→ EXERCISE REQUIREMENTS:
Write the entries below out again in full. Match every character.
EXERCISE INPUTS: Begin
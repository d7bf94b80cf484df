-- ===== src/Main/Shutdown/Halting.antt =====
-- The steps of a call of `shutdown` that stop the processor.
use settlement_engine.Prelude.{
  ℕ, ◌<◌, ◌≡◌, refl, ◌∙◌, true, false, Option, none, some, List, arith, Bool-cases, inl, inr,
}
use settlement_engine.Schemas.{MatchWithMeta}
use settlement_engine.Processor.Polling.{Polling, stop_rest, stop, stop_goes_on}
use settlement_engine.Processor.Polling.Spacing.{OneAtATime}
use settlement_engine.Sweeper.Timer.{Timer}
use settlement_engine.Main.Shutdown.{Engine, after_stop, stop_processor, await_batch}
use settlement_engine.Main.Shutdown.Signals.{halts, waits}
use settlement_engine.Main.Shutdown.Closing.{Halted, level, SweeperAt, Held}

-- the sweeper plays no part any more
pub later : (m n : ℕ) (s : Option Timer) → 1 < m → 1 < n → SweeperAt m s → SweeperAt n s
later m n none h k w = tt
later m n (some t) h k w = record {
  single = w.single;
  on = λ e. absurd (omega (arith, e));
  off = λ l. w.off (omega arith);
  over = λ l. w.over h;
}

-- a processor that is stopped, with no batch of a poll in flight
pub rested :
    (e : Engine) (p : Polling) (farewell : Option (List MatchWithMeta))
    → p.farewell ≡ farewell
    → OneAtATime p
    → SweeperAt 2 e.sweeper
    → Halted p
    → p.processing ≡ false
    → Held (level (after_stop farewell)) (record e { polling = p })
rested e p none none_left one watched halted free = record {
  one = one;
  watched = later 2 _ e.sweeper (omega arith) (omega arith) watched;
  on = λ l. absurd (omega (arith, l));
  halted = λ l. halted;
  settled = λ l. free;
  said = λ l. none_left;
  released = λ l. absurd (omega (arith, l));
  closed = λ l. absurd (omega (arith, l));
}
rested e p (some batch) left one watched halted free = record {
  one = one;
  watched = later 2 _ e.sweeper (omega arith) (omega arith) watched;
  on = λ l. absurd (omega (arith, l));
  halted = λ l. halted;
  settled = λ l. free;
  said = λ l. absurd (omega (arith, l));
  released = λ l. absurd (omega (arith, l));
  closed = λ l. absurd (omega (arith, l));
}

stopped-rests :
    (now : ℕ) (p : Polling)
    → ((stop_rest now p).is_running ≡ p.is_running)
      × ((stop_rest now p).reads ≡ p.reads)
      × ((stop_rest now p).processing ≡ p.processing)
      × ((stop_rest now p).in_flight ≡ p.in_flight)
unfolding stop_rest
stopped-rests now p = ground arith

module _ (now : ℕ) (e : Engine) where
  rest-Held :
      (p : Polling)
      → OneAtATime p
      → SweeperAt 2 e.sweeper
      → Halted p
      → p.processing ≡ false
      → Held
          (level (after_stop (stop_rest now p).farewell))
          (record e { polling = stop_rest now p })
  rest-Held p one watched halted free =
      let (same, reads, busy, flying) = stopped-rests now p in
      rested e (stop_rest now p) (stop_rest now p).farewell refl
        (record { one = rw (reads, flying) one.one; seen = λ e. rw flying (one.seen free) }) watched
        (record { off = same ∙ halted.off; unread = reads ∙ halted.unread }) (busy ∙ free)

  stop_free :
      e.polling.is_running ≡ true
      → e.polling.processing ≡ false
      → stop_processor now e ≡ (
        after_stop (stop_rest now (record e.polling { is_running = false })).farewell,
        record e { polling = stop_rest now (record e.polling { is_running = false }) },
      )
  unfolding stop_processor stop
  stop_free on free = ground (arith, on, free)

  pub stop_processor-Held :
      Held 2 e
      → e.polling.reads ≡ 0
      → Held (level (stop_processor now e).0) (stop_processor now e).1
  stop_processor-Held h unread = elim (Bool-cases e.polling.processing) [
    | inl busy ↦ rw (halts now e (h.on (omega arith)) busy) (record {
      one = h.one;
      watched = later 2 3 e.sweeper (omega arith) (omega arith) h.watched;
      on = λ l. absurd (omega (arith, l));
      halted = λ l. record { off = refl; unread = unread };
      settled = λ l. absurd (omega (arith, l));
      said = λ l. absurd (omega (arith, l));
      released = λ l. absurd (omega (arith, l));
      closed = λ l. absurd (omega (arith, l));
    })
    | inr free ↦ rw (stop_free (h.on (omega arith)) free) (
        rest-Held (record e.polling { is_running = false }) h.one h.watched
          (record { off = refl; unread = unread }) free)
  ]

  await_free :
      e.polling.processing ≡ false
      → await_batch now false e ≡ (
        after_stop (stop_rest now e.polling).farewell,
        record e { polling = stop_rest now e.polling },
      )
  unfolding await_batch stop_goes_on
  await_free free = ground (arith, free)

  pub await_batch-Held :
      Held 3 e → Held (level (await_batch now false e).0) (await_batch now false e).1
  await_batch-Held h = elim (Bool-cases e.polling.processing) [
    | inl busy ↦ rw (waits now e busy) h
    | inr free ↦ rw (await_free free) (
        rest-Held e.polling h.one (later 3 2 e.sweeper (omega arith) (omega arith) h.watched)
          (h.halted (omega arith)) free)
  ]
EXERCISE INPUTS: End
→ PROBLEM SOLUTION:
repository d7bf94b80cf484df
-- ===== src/Main/Shutdown/Halting.antt =====
-- The steps of a call of `shutdown` that stop the processor.
use settlement_engine.Prelude.{
  ℕ, ◌<◌, ◌≡◌, refl, ◌∙◌, true, false, Option, none, some, List, arith, Bool-cases, inl, inr,
}
use settlement_engine.Schemas.{MatchWithMeta}
use settlement_engine.Processor.Polling.{Polling, stop_rest, stop, stop_goes_on}
use settlement_engine.Processor.Polling.Spacing.{OneAtATime}
use settlement_engine.Sweeper.Timer.{Timer}
use settlement_engine.Main.Shutdown.{Engine, after_stop, stop_processor, await_batch}
use settlement_engine.Main.Shutdown.Signals.{halts, waits}
use settlement_engine.Main.Shutdown.Closing.{Halted, level, SweeperAt, Held}

-- the sweeper plays no part any more
pub later : (m n : ℕ) (s : Option Timer) → 1 < m → 1 < n → SweeperAt m s → SweeperAt n s
later m n none h k w = tt
later m n (some t) h k w = record {
  single = w.single;
  on = λ e. absurd (omega (arith, e));
  off = λ l. w.off (omega arith);
  over = λ l. w.over h;
}

-- a processor that is stopped, with no batch of a poll in flight
pub rested :
    (e : Engine) (p : Polling) (farewell : Option (List MatchWithMeta))
    → p.farewell ≡ farewell
    → OneAtATime p
    → SweeperAt 2 e.sweeper
    → Halted p
    → p.processing ≡ false
    → Held (level (after_stop farewell)) (record e { polling = p })
rested e p none none_left one watched halted free = record {
  one = one;
  watched = later 2 _ e.sweeper (omega arith) (omega arith) watched;
  on = λ l. absurd (omega (arith, l));
  halted = λ l. halted;
  settled = λ l. free;
  said = λ l. none_left;
  released = λ l. absurd (omega (arith, l));
  closed = λ l. absurd (omega (arith, l));
}
rested e p (some batch) left one watched halted free = record {
  one = one;
  watched = later 2 _ e.sweeper (omega arith) (omega arith) watched;
  on = λ l. absurd (omega (arith, l));
  halted = λ l. halted;
  settled = λ l. free;
  said = λ l. absurd (omega (arith, l));
  released = λ l. absurd (omega (arith, l));
  closed = λ l. absurd (omega (arith, l));
}

stopped-rests :
    (now : ℕ) (p : Polling)
    → ((stop_rest now p).is_running ≡ p.is_running)
      × ((stop_rest now p).reads ≡ p.reads)
      × ((stop_rest now p).processing ≡ p.processing)
      × ((stop_rest now p).in_flight ≡ p.in_flight)
unfolding stop_rest
stopped-rests now p = ground arith

module _ (now : ℕ) (e : Engine) where
  rest-Held :
      (p : Polling)
      → OneAtATime p
      → SweeperAt 2 e.sweeper
      → Halted p
      → p.processing ≡ false
      → Held
          (level (after_stop (stop_rest now p).farewell))
          (record e { polling = stop_rest now p })
  rest-Held p one watched halted free =
      let (same, reads, busy, flying) = stopped-rests now p in
      rested e (stop_rest now p) (stop_rest now p).farewell refl
        (record { one = rw (reads, flying) one.one; seen = λ e. rw flying (one.seen free) }) watched
        (record { off = same ∙ halted.off; unread = reads ∙ halted.unread }) (busy ∙ free)

  stop_free :
      e.polling.is_running ≡ true
      → e.polling.processing ≡ false
      → stop_processor now e ≡ (
        after_stop (stop_rest now (record e.polling { is_running = false })).farewell,
        record e { polling = stop_rest now (record e.polling { is_running = false }) },
      )
  unfolding stop_processor stop
  stop_free on free = ground (arith, on, free)

  pub stop_processor-Held :
      Held 2 e
      → e.polling.reads ≡ 0
      → Held (level (stop_processor now e).0) (stop_processor now e).1
  stop_processor-Held h unread = elim (Bool-cases e.polling.processing) [
    | inl busy ↦ rw (halts now e (h.on (omega arith)) busy) (record {
      one = h.one;
      watched = later 2 3 e.sweeper (omega arith) (omega arith) h.watched;
      on = λ l. absurd (omega (arith, l));
      halted = λ l. record { off = refl; unread = unread };
      settled = λ l. absurd (omega (arith, l));
      said = λ l. absurd (omega (arith, l));
      released = λ l. absurd (omega (arith, l));
      closed = λ l. absurd (omega (arith, l));
    })
    | inr free ↦ rw (stop_free (h.on (omega arith)) free) (
        rest-Held (record e.polling { is_running = false }) h.one h.watched
          (record { off = refl; unread = unread }) free)
  ]

  await_free :
      e.polling.processing ≡ false
      → await_batch now false e ≡ (
        after_stop (stop_rest now e.polling).farewell,
        record e { polling = stop_rest now e.polling },
      )
  unfolding await_batch stop_goes_on
  await_free free = ground (arith, free)

  pub await_batch-Held :
      Held 3 e → Held (level (await_batch now false e).0) (await_batch now false e).1
  await_batch-Held h = elim (Bool-cases e.polling.processing) [
    | inl busy ↦ rw (waits now e busy) h
    | inr free ↦ rw (await_free free) (
        rest-Held e.polling h.one (later 3 2 e.sweeper (omega arith) (omega arith) h.watched)
          (h.halted (omega arith)) free)
  ]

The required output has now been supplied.